About this task:
Instruction for the entries that follow: retype exactly the lines from the line with "-- the message" to the line with "Routine A = Run ℕ Call Sysargs A", both included, and omit all others.

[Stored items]
Start of Block
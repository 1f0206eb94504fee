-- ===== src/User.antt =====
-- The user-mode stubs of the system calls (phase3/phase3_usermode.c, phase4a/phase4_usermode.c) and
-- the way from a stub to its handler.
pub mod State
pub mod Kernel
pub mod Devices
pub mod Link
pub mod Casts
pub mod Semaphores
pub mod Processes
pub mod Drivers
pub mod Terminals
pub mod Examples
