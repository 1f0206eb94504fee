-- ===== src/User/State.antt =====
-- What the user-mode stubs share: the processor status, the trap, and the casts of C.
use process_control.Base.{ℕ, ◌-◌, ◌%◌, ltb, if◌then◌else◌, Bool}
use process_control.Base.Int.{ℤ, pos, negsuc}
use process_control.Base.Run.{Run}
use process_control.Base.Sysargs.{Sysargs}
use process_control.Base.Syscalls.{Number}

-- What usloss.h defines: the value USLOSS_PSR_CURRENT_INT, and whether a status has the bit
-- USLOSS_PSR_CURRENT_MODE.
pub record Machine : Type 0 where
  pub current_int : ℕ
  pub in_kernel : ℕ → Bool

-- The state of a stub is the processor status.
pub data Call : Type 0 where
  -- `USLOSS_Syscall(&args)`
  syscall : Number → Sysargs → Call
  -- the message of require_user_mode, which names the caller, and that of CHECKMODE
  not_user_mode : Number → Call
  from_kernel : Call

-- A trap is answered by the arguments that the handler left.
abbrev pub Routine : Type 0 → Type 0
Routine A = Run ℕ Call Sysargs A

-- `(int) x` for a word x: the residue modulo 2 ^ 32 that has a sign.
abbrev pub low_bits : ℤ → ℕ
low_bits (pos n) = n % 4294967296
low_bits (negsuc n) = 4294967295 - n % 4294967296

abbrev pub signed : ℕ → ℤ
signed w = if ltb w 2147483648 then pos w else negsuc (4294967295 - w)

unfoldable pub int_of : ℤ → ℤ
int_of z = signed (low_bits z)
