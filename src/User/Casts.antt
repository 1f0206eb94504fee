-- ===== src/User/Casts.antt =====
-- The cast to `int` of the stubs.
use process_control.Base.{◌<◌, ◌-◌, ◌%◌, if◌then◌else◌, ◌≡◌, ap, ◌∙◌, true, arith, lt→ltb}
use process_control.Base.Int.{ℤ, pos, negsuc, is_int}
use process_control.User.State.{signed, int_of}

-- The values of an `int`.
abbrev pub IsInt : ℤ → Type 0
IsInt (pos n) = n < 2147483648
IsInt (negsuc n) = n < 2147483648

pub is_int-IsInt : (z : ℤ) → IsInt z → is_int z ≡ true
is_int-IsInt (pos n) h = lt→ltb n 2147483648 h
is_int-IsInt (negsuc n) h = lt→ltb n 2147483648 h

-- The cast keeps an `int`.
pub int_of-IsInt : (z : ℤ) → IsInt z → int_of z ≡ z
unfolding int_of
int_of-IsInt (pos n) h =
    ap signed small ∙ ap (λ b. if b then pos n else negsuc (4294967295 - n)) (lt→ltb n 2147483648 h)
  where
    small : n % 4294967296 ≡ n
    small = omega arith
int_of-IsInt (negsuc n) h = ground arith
End of Block
Solution for this problem:
  -- the message of require_user_mode, which names the caller, and that of CHECKMODE
  not_user_mode : Number → Call
  from_kernel : Call

-- A trap is answered by the arguments that the handler left.
abbrev pub Routine : Type 0 → Type 0
Routine A = Run ℕ Call Sysargs A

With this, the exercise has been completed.